» **GOAL OF THE EXERCISE**
Copy out every line of the data where the word "what" is found.

» **DATA RECORDS**
______
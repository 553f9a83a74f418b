-- ===== src/Hud/Identity/Distinct.antt =====
-- An element's name determines its kind, its address and the hash of what is drawn.
use native.Mathlib.Decide.{ℕ_discrete}
use hybrid_heaven_recomp.Prelude.{
  ℕ, zero, suc, ◌+◌, ◌/◌, ◌%◌, ◌^◌, ◌<◌, ◌≡◌, ◌≢◌, inl, inr, refl, ap, sym, ◌∙◌, ◌⊎◌, ◌&&◌, take, ℤ,
  List, [], ◌∷◌, ◌++◌, arith, ◌==◌, drop, get_or, Bool-cases,
}
use hybrid_heaven_recomp.Hud.Memory.{Rdram, read_word}
use hybrid_heaven_recomp.Hud.Identity.{
  hex_digit, hex, fnv, fnv_basis, texture_hash, texture, list_hash, list, fill, at_most, at_least,
}

hex_digit-injective : (a b : ℕ) → a < 16 → b < 16 → hex_digit a ≡ hex_digit b → a ≡ b
unfolding hex_digit
hex_digit-injective a b ha hb e = ground arith

head_eq : {x y : ℕ} {xs ys : List ℕ} → x ∷ xs ≡ y ∷ ys → (x ≡ y) × (xs ≡ ys)
head_eq e = (cc, cc)

-- A digit and what follows it, read back.
digit-injective :
    (a b : ℕ) (xs ys : List ℕ)
    → hex_digit (a % 16) ∷ xs ≡ hex_digit (b % 16) ∷ ys
    → (a % 16 ≡ b % 16) × (xs ≡ ys)
digit-injective a b xs ys e =
    (hex_digit-injective (a % 16) (b % 16) (omega arith) (omega arith) (head_eq e).0, (head_eq e).1)

hex-injective :
    (k a b : ℕ) (xs ys : List ℕ)
    → hex k a ++ xs ≡ hex k b ++ ys
    → ((i : ℕ) → i < k → a / 16 ^ i % 16 ≡ b / 16 ^ i % 16) × (xs ≡ ys)
unfolding hex
hex-injective zero a b xs ys e = (λ i h. absurd (omega arith), e)
hex-injective (suc k) a b xs ys e =
    let (top, rest) = digit-injective (a / 16 ^ k) (b / 16 ^ k) (hex k a ++ xs) (hex k b ++ ys) e in
    let (below, tail) = hex-injective k a b xs ys rest in
    (λ i h. elim (ℕ_discrete i k) [ yes p ↦ rw p top | no ne ↦ below i (omega arith) ], tail)

word_digits :
    (a b : ℕ)
    → a < 2 ^ 32
    → b < 2 ^ 32
    → ((i : ℕ) → i < 8 → a / 16 ^ i % 16 ≡ b / 16 ^ i % 16)
    → a ≡ b
word_digits a b ha hb d = omega (
  arith,
  d 0 (omega arith),
  d 1 (omega arith),
  d 2 (omega arith),
  d 3 (omega arith),
  d 4 (omega arith),
  d 5 (omega arith),
  d 6 (omega arith),
  d 7 (omega arith),
)

hex_word-injective :
    (a b : ℕ) (xs ys : List ℕ)
    → a < 2 ^ 32
    → b < 2 ^ 32
    → hex 8 a ++ xs ≡ hex 8 b ++ ys
    → (a ≡ b) × (xs ≡ ys)
hex_word-injective a b xs ys ha hb e =
    let (digits, rest) = hex-injective 8 a b xs ys e in (word_digits a b ha hb digits, rest)

fnv_bound : (h w : ℕ) → fnv h w < 2 ^ 32
unfolding fnv
fnv_bound h w = omega arith

texture_hash_bound :
    (rdram : Rdram) (n h phys : ℕ) → h < 2 ^ 32 → texture_hash rdram n h phys < 2 ^ 32
unfolding texture_hash
texture_hash_bound rdram zero h phys lt = lt
texture_hash_bound rdram (suc n) h phys lt =
    texture_hash_bound rdram n (fnv h (read_word rdram phys)) (phys + 4)
      (fnv_bound h (read_word rdram phys))

list_hash_bound : (rdram : Rdram) (n h phys : ℕ) → h < 2 ^ 32 → list_hash rdram n h phys < 2 ^ 32
unfolding list_hash
list_hash_bound rdram zero h phys lt = lt
list_hash_bound rdram (suc n) h phys lt =
    let h' = fnv (fnv h (read_word rdram phys)) (read_word rdram (phys + 4)) in
    let bound = fnv_bound (fnv h (read_word rdram phys)) (read_word rdram (phys + 4)) in
    elim (Bool-cases (read_word rdram phys / 2 ^ 24 == 0xDF)) [
      | inl e ↦ rw e bound
      | inr e ↦ rw e (list_hash_bound rdram n h' (phys + 8) bound)
    ]

-- An address and a hash, from the name after its prefix.
name_parts :
    (a a' h h' : ℕ)
    → a < 2 ^ 32
    → a' < 2 ^ 32
    → h < 2 ^ 32
    → h' < 2 ^ 32
    → hex 8 a ++ b'#' ∷ hex 8 h ≡ hex 8 a' ++ b'#' ∷ hex 8 h'
    → (a ≡ a') × (h ≡ h')
name_parts a a' h h' ha ha' hh hh' e =
    let (same, rest) = hex_word-injective a a' (b'#' ∷ hex 8 h) (b'#' ∷ hex 8 h') ha ha' e in
    let digits : hex 8 h ≡ hex 8 h' = (head_eq rest).1 in
    let closed : hex 8 h ++ [] ≡ hex 8 h' ++ [] = ap (λ xs. xs ++ []) digits in
    (same, (hex_word-injective h h' [] [] hh hh' closed).0)

-- A name of a fill rectangle is empty, or begins with its kind and has its colour's digits after it.
fill_lem :
    (colour : ℕ) (ulx uly lrx lry : ℤ)
    → (fill colour ulx uly lrx lry ≡ [])
      ⊎ ((get_or (fill colour ulx uly lrx lry) 0 0 ≡ b'f')
          × (take 8 (drop 7 (fill colour ulx uly lrx lry)) ≡ hex 8 colour))
unfolding fill hex
fill_lem colour ulx uly lrx lry =
    elim (Bool-cases (at_most ulx 0 && at_most uly 0 && at_least lrx 319 && at_least lry 239)) [
      | inl e ↦ rw e (inl refl)
      | inr e ↦ rw e (inr (refl, refl))
    ]

-- Not the name of a kind whose names begin otherwise.
fill_apart :
    (colour : ℕ) (ulx uly lrx lry : ℤ) (name : List ℕ)
    → get_or name 0 0 ≢ b'f'
    → get_or name 0 0 ≢ 0
    → fill colour ulx uly lrx lry ≢ name
fill_apart colour ulx uly lrx lry name other some_byte e = elim (fill_lem colour ulx uly lrx lry) [
  | inl h ↦ some_byte (ap (λ xs. get_or xs 0 0) (sym e ∙ h))
  | inr (h, digits) ↦ other (ap (λ xs. get_or xs 0 0) (sym e) ∙ h)
]

fill-colour :
    (colour colour' : ℕ) (ulx uly lrx lry ulx' uly' lrx' lry' : ℤ)
    → colour < 2 ^ 32
    → colour' < 2 ^ 32
    → fill colour ulx uly lrx lry ≡ fill colour' ulx' uly' lrx' lry'
    → (fill colour ulx uly lrx lry ≡ []) ⊎ (colour ≡ colour')
fill-colour c c' ulx uly lrx lry ulx' uly' lrx' lry' h h' e = elim (fill_lem c ulx uly lrx lry) [
  | inl z ↦ inl z
  | inr (f, digits) ↦ elim (fill_lem c' ulx' uly' lrx' lry') [
    | inl z ↦ inl (e ∙ z)
    | inr (f', digits') ↦
        let same : hex 8 c ≡ hex 8 c' = sym digits ∙ (ap (λ xs. take 8 (drop 7 xs)) e ∙ digits') in
        inr (hex_word-injective c c' [] [] h h' (ap (λ xs. xs ++ []) same)).0
  ]
]

-- For any memories, 32-bit addresses and colours: two textures have one name only if their addresses and
-- the hashes of their first 64 bytes agree; likewise two lists and the hashes of their first commands;
-- two fill rectangles have one name only if it is the empty one of the full frame or their colours
-- agree; and no two of the three kinds share a name.
pub identities-distinct :
    (rdram rdram' : Rdram) (address address' phys phys' colour colour' : ℕ)
    (ulx uly lrx lry ulx' uly' lrx' lry' : ℤ)
    → address < 2 ^ 32
    → address' < 2 ^ 32
    → colour < 2 ^ 32
    → colour' < 2 ^ 32
    → let named = fill colour ulx uly lrx lry in
      (texture rdram address phys ≡ texture rdram' address' phys'
        → (address ≡ address')
          × (texture_hash rdram 16 fnv_basis phys ≡ texture_hash rdram' 16 fnv_basis phys'))
      × (list rdram address phys ≡ list rdram' address' phys'
          → (address ≡ address')
            × (list_hash rdram 16 fnv_basis phys ≡ list_hash rdram' 16 fnv_basis phys'))
      × (named ≡ fill colour' ulx' uly' lrx' lry' → (named ≡ []) ⊎ (colour ≡ colour'))
      × (texture rdram address phys ≢ list rdram' address' phys')
      × (named ≢ texture rdram' address' phys')
      × (named ≢ list rdram' address' phys')
unfolding texture list
identities-distinct rdram rdram' a a' p p' c c' ulx uly lrx lry ulx' uly' lrx' lry' ha ha' hc hc' =
    let t = texture_hash_bound rdram 16 fnv_basis p (omega arith) in
    let t' = texture_hash_bound rdram' 16 fnv_basis p' (omega arith) in
    let l = list_hash_bound rdram 16 fnv_basis p (omega arith) in
    let l' = list_hash_bound rdram' 16 fnv_basis p' (omega arith) in
    (
      λ e.
          name_parts a a' (texture_hash rdram 16 fnv_basis p) (texture_hash rdram' 16 fnv_basis p')
            ha ha' t t' (ap (drop 6) e),
      λ e.
          name_parts a a' (list_hash rdram 16 fnv_basis p) (list_hash rdram' 16 fnv_basis p') ha ha'
            l l' (ap (drop 5) e),
      fill-colour c c' ulx uly lrx lry ulx' uly' lrx' lry' hc hc',
      λ e. omega (arith, ap (λ xs. get_or xs 0 0) e),
      fill_apart c ulx uly lrx lry (texture rdram' a' p') (omega arith) (omega arith),
      fill_apart c ulx uly lrx lry (list rdram' a' p') (omega arith) (omega arith),
    )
______
» **WRITTEN REPLY**
-- An element's name determines its kind, its address and the hash of what is drawn.
-- A digit and what follows it, read back.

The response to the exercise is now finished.